(Dataset entries)
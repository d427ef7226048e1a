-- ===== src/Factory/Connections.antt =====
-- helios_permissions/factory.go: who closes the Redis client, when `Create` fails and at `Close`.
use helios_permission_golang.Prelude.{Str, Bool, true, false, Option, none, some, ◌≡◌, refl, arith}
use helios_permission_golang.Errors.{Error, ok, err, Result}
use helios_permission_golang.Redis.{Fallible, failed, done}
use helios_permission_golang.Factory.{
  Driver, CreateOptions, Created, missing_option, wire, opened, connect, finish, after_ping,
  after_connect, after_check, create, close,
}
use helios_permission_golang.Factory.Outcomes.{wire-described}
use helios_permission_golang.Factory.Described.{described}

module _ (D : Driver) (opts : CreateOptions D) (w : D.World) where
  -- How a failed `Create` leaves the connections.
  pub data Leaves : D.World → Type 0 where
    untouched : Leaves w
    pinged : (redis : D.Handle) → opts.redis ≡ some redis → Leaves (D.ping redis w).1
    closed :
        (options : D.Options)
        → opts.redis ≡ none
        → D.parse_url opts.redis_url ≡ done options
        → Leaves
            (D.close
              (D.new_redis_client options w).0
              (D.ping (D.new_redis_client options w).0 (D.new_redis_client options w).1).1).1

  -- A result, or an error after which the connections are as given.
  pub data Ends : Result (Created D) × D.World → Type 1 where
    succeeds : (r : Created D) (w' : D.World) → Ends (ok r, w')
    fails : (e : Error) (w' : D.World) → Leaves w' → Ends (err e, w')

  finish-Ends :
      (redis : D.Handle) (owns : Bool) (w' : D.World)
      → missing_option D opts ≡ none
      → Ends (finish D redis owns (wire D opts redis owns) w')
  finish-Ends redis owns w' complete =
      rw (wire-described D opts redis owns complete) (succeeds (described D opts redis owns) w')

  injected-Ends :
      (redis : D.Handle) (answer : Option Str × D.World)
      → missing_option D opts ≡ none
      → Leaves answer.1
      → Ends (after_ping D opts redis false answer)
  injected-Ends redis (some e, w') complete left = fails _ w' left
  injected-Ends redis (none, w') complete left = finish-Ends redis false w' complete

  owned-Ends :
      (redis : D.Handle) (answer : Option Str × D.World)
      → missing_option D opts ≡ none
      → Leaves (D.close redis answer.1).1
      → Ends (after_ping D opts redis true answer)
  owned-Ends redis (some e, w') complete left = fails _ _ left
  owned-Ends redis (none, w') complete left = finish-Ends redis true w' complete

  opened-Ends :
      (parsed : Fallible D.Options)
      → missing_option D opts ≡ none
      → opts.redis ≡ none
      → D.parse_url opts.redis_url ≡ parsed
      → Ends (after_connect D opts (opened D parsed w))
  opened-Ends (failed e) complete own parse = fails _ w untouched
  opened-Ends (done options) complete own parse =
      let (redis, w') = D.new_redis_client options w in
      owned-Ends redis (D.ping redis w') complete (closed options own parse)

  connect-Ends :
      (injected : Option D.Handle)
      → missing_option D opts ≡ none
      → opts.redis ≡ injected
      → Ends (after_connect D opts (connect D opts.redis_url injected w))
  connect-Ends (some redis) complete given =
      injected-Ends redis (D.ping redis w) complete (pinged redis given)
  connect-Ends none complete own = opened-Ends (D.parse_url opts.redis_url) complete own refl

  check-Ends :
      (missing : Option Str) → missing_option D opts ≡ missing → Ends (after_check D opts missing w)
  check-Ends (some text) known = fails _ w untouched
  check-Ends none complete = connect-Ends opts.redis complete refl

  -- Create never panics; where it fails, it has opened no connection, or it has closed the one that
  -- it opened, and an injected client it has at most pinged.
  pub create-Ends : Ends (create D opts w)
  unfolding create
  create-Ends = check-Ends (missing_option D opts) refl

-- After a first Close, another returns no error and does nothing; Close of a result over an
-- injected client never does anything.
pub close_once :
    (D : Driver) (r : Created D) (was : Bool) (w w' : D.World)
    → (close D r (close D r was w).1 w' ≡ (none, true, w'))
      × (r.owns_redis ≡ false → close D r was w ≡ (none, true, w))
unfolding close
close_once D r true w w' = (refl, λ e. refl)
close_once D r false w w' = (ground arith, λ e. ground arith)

==

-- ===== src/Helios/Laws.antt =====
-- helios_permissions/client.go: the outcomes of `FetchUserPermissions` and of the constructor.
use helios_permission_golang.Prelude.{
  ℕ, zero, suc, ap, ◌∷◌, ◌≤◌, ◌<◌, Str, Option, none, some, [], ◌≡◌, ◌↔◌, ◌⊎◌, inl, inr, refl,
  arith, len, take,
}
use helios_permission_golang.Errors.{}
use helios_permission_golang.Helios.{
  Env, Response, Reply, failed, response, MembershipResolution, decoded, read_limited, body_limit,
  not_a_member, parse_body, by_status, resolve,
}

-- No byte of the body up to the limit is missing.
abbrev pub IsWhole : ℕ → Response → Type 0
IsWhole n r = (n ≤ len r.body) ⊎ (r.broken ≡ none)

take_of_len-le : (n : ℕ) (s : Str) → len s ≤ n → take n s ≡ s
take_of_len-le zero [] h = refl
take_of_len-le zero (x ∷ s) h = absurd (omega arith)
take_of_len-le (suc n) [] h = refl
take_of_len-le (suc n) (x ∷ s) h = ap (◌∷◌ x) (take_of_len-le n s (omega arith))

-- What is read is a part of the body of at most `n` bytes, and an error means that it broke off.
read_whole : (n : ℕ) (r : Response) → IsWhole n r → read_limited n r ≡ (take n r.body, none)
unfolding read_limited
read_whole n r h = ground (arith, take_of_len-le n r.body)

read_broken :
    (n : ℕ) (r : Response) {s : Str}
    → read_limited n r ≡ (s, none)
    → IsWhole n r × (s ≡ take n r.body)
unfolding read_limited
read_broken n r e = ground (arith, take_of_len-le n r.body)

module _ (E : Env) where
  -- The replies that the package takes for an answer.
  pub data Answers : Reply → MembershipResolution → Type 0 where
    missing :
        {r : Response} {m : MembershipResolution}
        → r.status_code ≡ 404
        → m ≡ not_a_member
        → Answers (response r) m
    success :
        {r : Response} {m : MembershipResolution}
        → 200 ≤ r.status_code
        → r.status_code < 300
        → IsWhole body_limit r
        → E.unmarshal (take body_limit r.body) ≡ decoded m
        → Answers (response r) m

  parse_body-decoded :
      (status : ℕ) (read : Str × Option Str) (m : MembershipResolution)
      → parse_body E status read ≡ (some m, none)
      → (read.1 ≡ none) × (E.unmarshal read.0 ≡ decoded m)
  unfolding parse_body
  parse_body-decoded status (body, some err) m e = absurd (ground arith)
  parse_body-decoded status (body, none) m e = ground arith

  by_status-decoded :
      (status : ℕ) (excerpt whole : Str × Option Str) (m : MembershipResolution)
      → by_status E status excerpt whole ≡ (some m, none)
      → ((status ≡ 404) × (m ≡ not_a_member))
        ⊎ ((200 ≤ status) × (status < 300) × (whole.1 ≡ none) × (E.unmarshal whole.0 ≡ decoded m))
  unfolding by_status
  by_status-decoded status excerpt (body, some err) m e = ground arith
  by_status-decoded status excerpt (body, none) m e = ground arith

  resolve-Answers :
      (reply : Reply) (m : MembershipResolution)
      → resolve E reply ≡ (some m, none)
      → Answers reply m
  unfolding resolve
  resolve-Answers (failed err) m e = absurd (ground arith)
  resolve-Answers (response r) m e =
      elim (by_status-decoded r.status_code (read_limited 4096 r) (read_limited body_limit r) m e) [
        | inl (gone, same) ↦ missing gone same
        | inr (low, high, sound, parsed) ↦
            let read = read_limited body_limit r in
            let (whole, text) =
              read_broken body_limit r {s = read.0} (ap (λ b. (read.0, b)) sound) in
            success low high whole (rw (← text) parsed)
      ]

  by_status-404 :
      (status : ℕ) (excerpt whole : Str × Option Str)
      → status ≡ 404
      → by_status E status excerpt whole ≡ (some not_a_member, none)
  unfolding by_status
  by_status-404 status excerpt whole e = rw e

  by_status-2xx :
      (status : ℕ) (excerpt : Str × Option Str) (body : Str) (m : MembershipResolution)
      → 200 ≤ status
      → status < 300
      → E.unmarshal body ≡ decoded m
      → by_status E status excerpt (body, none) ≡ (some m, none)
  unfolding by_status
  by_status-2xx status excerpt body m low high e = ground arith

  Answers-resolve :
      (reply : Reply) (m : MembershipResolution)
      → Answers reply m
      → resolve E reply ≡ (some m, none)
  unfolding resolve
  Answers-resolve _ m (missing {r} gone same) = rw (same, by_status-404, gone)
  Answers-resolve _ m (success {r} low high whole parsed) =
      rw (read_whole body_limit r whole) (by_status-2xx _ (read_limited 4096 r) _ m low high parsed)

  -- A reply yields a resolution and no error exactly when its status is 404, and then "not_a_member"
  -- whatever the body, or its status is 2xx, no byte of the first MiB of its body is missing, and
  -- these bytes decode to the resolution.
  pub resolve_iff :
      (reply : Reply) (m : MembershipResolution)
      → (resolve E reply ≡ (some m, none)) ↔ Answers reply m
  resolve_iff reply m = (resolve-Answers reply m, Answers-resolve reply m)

● **What is needed**
For each line in the entries that contains the string "IsWhole", make a copy.

● **Result for this task**
abbrev pub IsWhole : ℕ → Response → Type 0
IsWhole n r = (n ≤ len r.body) ⊎ (r.broken ≡ none)
read_whole : (n : ℕ) (r : Response) → IsWhole n r → read_limited n r ≡ (take n r.body, none)
    → IsWhole n r × (s ≡ take n r.body)
        → IsWhole body_limit r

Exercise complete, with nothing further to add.